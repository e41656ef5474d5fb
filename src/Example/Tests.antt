-- ===== src/Example/Tests.antt =====
-- example/ on concrete inputs.
use gopher_socks.Common.{ℕ, List, [], ◌∷◌, none, some}
use gopher_socks.Common.Int.{pos}
use gopher_socks.Client.Udp.{UdpClient}
use gopher_socks.Listener.Config.{default_config}
use gopher_socks.Listener.Server.{new_server}
use gopher_socks.Listener.Udp.{UdpServer}

abbrev dialled : UdpClient
dialled = record { conn = some 1; addr = "localhost:8002"; config = none; sent = [] }

abbrev listening : UdpServer
listening = record {
  world = record { server = new_server none (pos 1000); closed = λ i. none };
  cfg = default_config;
  addr = "0.0.0.0:8002";
  conn = some 1;
  inbox = λ i. [];
  last = λ i. pos 0;
}

abbrev hi : List ℕ
hi = 72 ∷ 105 ∷ []
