-- ===== src/Framing.antt =====
-- framing/framing.go: the three codecs over bufio.Reader, and the laws that their users rely on.
pub mod Reader
pub mod Scan
pub mod Bytes
pub mod Codec
pub mod Legacy
pub mod Prefix
pub mod Laws
pub mod Empty
mod Tests
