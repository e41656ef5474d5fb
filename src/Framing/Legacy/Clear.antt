-- ===== src/Framing/Legacy/Clear.antt =====
-- Which payloads the Legacy format carries: a test for `Unambiguous`.
use gopher_socks.Common.{
  ℕ, ◌≡◌, refl, sym, ap, ◌∙◌, ◌≢◌, ◌↔◌, List, [], ◌∷◌, ◌++◌, Option, none, some, Bool, true, false,
  ◌&&◌, append_assoc, append-nil, arith,
}
use gopher_socks.Framing.Legacy.{Legacy, frame_end}
use gopher_socks.Framing.Legacy.Frames.{frame}
use gopher_socks.Framing.Legacy.RoundTrip.{Unambiguous}

abbrev is_none : Option ℕ → Bool
is_none none = true
is_none (some n) = false

-- No front of `front ++ rest` that is at least `front`, and not the whole, ends a frame.
unfoldable pub none_ends : Legacy → List ℕ → List ℕ → Bool
none_ends c front [] = true
none_ends c front (b ∷ rest) = is_none (frame_end c front) && none_ends c (front ++ b ∷ []) rest

unfoldable pub is_clear : Legacy → List ℕ → Bool
is_clear c p = none_ends c [] (frame c p)

none_ends_sound :
    (c : Legacy) (front rest q s : List ℕ)
    → none_ends c front rest ≡ true
    → q ++ s ≡ rest
    → s ≢ []
    → frame_end c (front ++ q) ≡ none
none_ends_sound c front [] [] s h e more = absurd (more e)
none_ends_sound c front [] (x ∷ q) s h e more = cc
none_ends_sound c front (b ∷ rest) [] s h e more = unfold none_ends in rw append-nil (ground arith)
none_ends_sound c front (b ∷ rest) (x ∷ q) s h e more =
    let tail : none_ends c (front ++ b ∷ []) rest ≡ true = unfold none_ends in ground arith in
    let same : b ≡ x = cc in
    ap (frame_end c)
      (sym (append_assoc front (x ∷ []) q) ∙ ap (λ y. (front ++ y ∷ []) ++ q) (sym same))
    ∙ none_ends_sound c (front ++ b ∷ []) rest q s tail (cc) more

none_ends_complete :
    (c : Legacy) (front rest : List ℕ)
    → ((q s : List ℕ) → q ++ s ≡ rest → s ≢ [] → frame_end c (front ++ q) ≡ none)
    → none_ends c front rest ≡ true
unfolding none_ends
none_ends_complete c front [] h = refl
none_ends_complete c front (b ∷ rest) h =
    let here : frame_end c front ≡ none =
      ap (frame_end c) (sym (append-nil front)) ∙ h [] (b ∷ rest) refl (λ e. cc) in
    let later : none_ends c (front ++ b ∷ []) rest ≡ true =
      none_ends_complete c (front ++ b ∷ []) rest (λ q s e more.
        ap (frame_end c) (append_assoc front (b ∷ []) q) ∙ h (b ∷ q) s (ap (◌∷◌ b) e) more) in
    rw (here, later) refl

-- The test accepts exactly the unambiguous payloads.
pub is_clear_iff : (c : Legacy) (p : List ℕ) → (is_clear c p ≡ true) ↔ Unambiguous c p
unfolding is_clear
is_clear_iff c p = (
  λ h q s e more. none_ends_sound c [] (frame c p) q s h e more,
  λ h. none_ends_complete c [] (frame c p) h,
)
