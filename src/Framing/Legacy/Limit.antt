-- ===== src/Framing/Legacy/Limit.antt =====
-- framing.go: the length limit of the Legacy decoder. The check on the buffer comes after the search
-- for the frame's end, and a whole chunk is added between two checks.
use gopher_socks.Common.{
  ℕ, zero, suc, ◌+◌, ◌≤◌, ◌<◌, ◌≡◌, refl, sym, ap, ◌≢◌, ◌∙◌, List, [], ◌∷◌, ◌++◌, some, false,
  length, arith, ◌==◌, ==_iff, All, append_assoc,
}
use gopher_socks.Common.Int.{ℤ, pos, min_ℤ}
use gopher_socks.Errors.{ok}
use gopher_socks.Framing.Reader.{Reader, Scan, hit, scan}
use gopher_socks.Framing.Codec.{max_uint16}
use gopher_socks.Framing.Legacy.{Legacy, append, last_byte, read_loop, read}
use gopher_socks.Framing.Legacy.Frames.{append-frame}
use gopher_socks.Framing.Legacy.Rounds.{round_of, read_one-stops}
use gopher_socks.Framing.Legacy.RoundTrip.{Unambiguous, read_one-append, round-frame}

-- A payload that is one byte longer than max is returned all the same: for an unambiguous payload of
-- max + 1 bytes, at most 65535, at the front of the stream, `read` gives no error, whatever the delimiter
-- (if it is not empty).
pub read_over_max :
    (c : Legacy) (max : ℕ) (b : ℕ) (p rest : List ℕ) (r : Reader)
    → c.delim ≢ []
    → Unambiguous c (b ∷ p)
    → length (b ∷ p) ≤ max_uint16
    → length (b ∷ p) ≡ max + 1
    → 1 ≤ r.size
    → r.bytes ≡ (append c [] (b ∷ p)).0 ++ rest
    → read c r (pos max) ≡ some (ok (b ∷ p), record r { bytes = rest })
read_over_max c max b p rest r ne clear h over roomy hb =
    unfold read read_loop in
    rw (
      read_one-append c (min_ℤ (pos max) (pos max_uint16)) (b ∷ p) rest r ne clear h (ground arith)
          roomy (hb ∙ ap (λ a. a.0 ++ rest) (append-frame c [] (b ∷ p) h)),
      read_loop,
    )

scan-first :
    (room d : ℕ) (front more : List ℕ)
    → All (λ x. (x == d) ≡ false) front
    → length front < room
    → scan room d (front ++ d ∷ more) ≡ record { chunk = front ++ d ∷ []; rest = more; stop = hit }
unfolding scan
scan-first zero d front more no_d h = absurd (omega arith)
scan-first (suc room) d [] more no_d h = rw ((==_iff d d).1 refl, scan)
scan-first (suc room) d (b ∷ front) more no_d h =
    rw (no_d.0, scan)
      (ap (λ (s : Scan). record s { chunk = b ∷ s.chunk })
        (scan-first room d front more no_d.1 (omega arith)))

-- max does not bound a frame that one ReadSlice takes: where the delimiter's last byte stands only at
-- the frame's end and the frame fits in the reader's buffer, `read` returns the payload, if that is at most
-- 65535 bytes and not empty, under every max.
pub read_any_max :
    (c : Legacy) (max : ℤ) (b : ℕ) (p front rest : List ℕ) (r : Reader)
    → length (b ∷ p) ≤ max_uint16
    → (append c [] (b ∷ p)).0 ≡ front ++ last_byte c.delim ∷ []
    → All (λ x. (x == last_byte c.delim) ≡ false) front
    → length front < r.size
    → r.bytes ≡ (append c [] (b ∷ p)).0 ++ rest
    → read c r max ≡ some (ok (b ∷ p), record r { bytes = rest })
read_any_max c max b p front rest r h last alone roomy hb =
    unfold read read_loop in
    rw (read_one-stops c limit (length r.bytes) r [] (ok (b ∷ p)) whole, read_loop)
      (ap (λ s. some (ok (b ∷ p), record r { bytes = s.rest })) scanned)
  where
    limit : ℤ
    limit = min_ℤ max (pos max_uint16)

    scanned :
        scan r.size (last_byte c.delim) r.bytes
        ≡ record { chunk = front ++ last_byte c.delim ∷ []; rest = rest; stop = hit }
    scanned =
        ap (scan r.size (last_byte c.delim))
          (hb ∙ ap (λ l. l ++ rest) last ∙ append_assoc front (last_byte c.delim ∷ []) rest)
        ∙ scan-first r.size (last_byte c.delim) front rest alone roomy

    whole : round_of c limit r [] ≡ some (ok (b ∷ p))
    whole =
        rw (scanned, sym last, append-frame c [] (b ∷ p) h)
          (round-frame c limit r.fail hit (b ∷ p) h)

▶ ASSIGNED TASK
As listed above, the lines from the line with "read_one-append c (min_ℤ" to the line with "(ap (λ (s : Scan)." are to be echoed exactly, with both ends included and nothing added.

▶ SOLUTION BELOW
      read_one-append c (min_ℤ (pos max) (pos max_uint16)) (b ∷ p) rest r ne clear h (ground arith)
          roomy (hb ∙ ap (λ a. a.0 ++ rest) (append-frame c [] (b ∷ p) h)),
      read_loop,
    )

scan-first :
    (room d : ℕ) (front more : List ℕ)
    → All (λ x. (x == d) ≡ false) front
    → length front < room
    → scan room d (front ++ d ∷ more) ≡ record { chunk = front ++ d ∷ []; rest = more; stop = hit }
unfolding scan
scan-first zero d front more no_d h = absurd (omega arith)
scan-first (suc room) d [] more no_d h = rw ((==_iff d d).1 refl, scan)
scan-first (suc room) d (b ∷ front) more no_d h =
    rw (no_d.0, scan)
      (ap (λ (s : Scan). record s { chunk = b ∷ s.chunk })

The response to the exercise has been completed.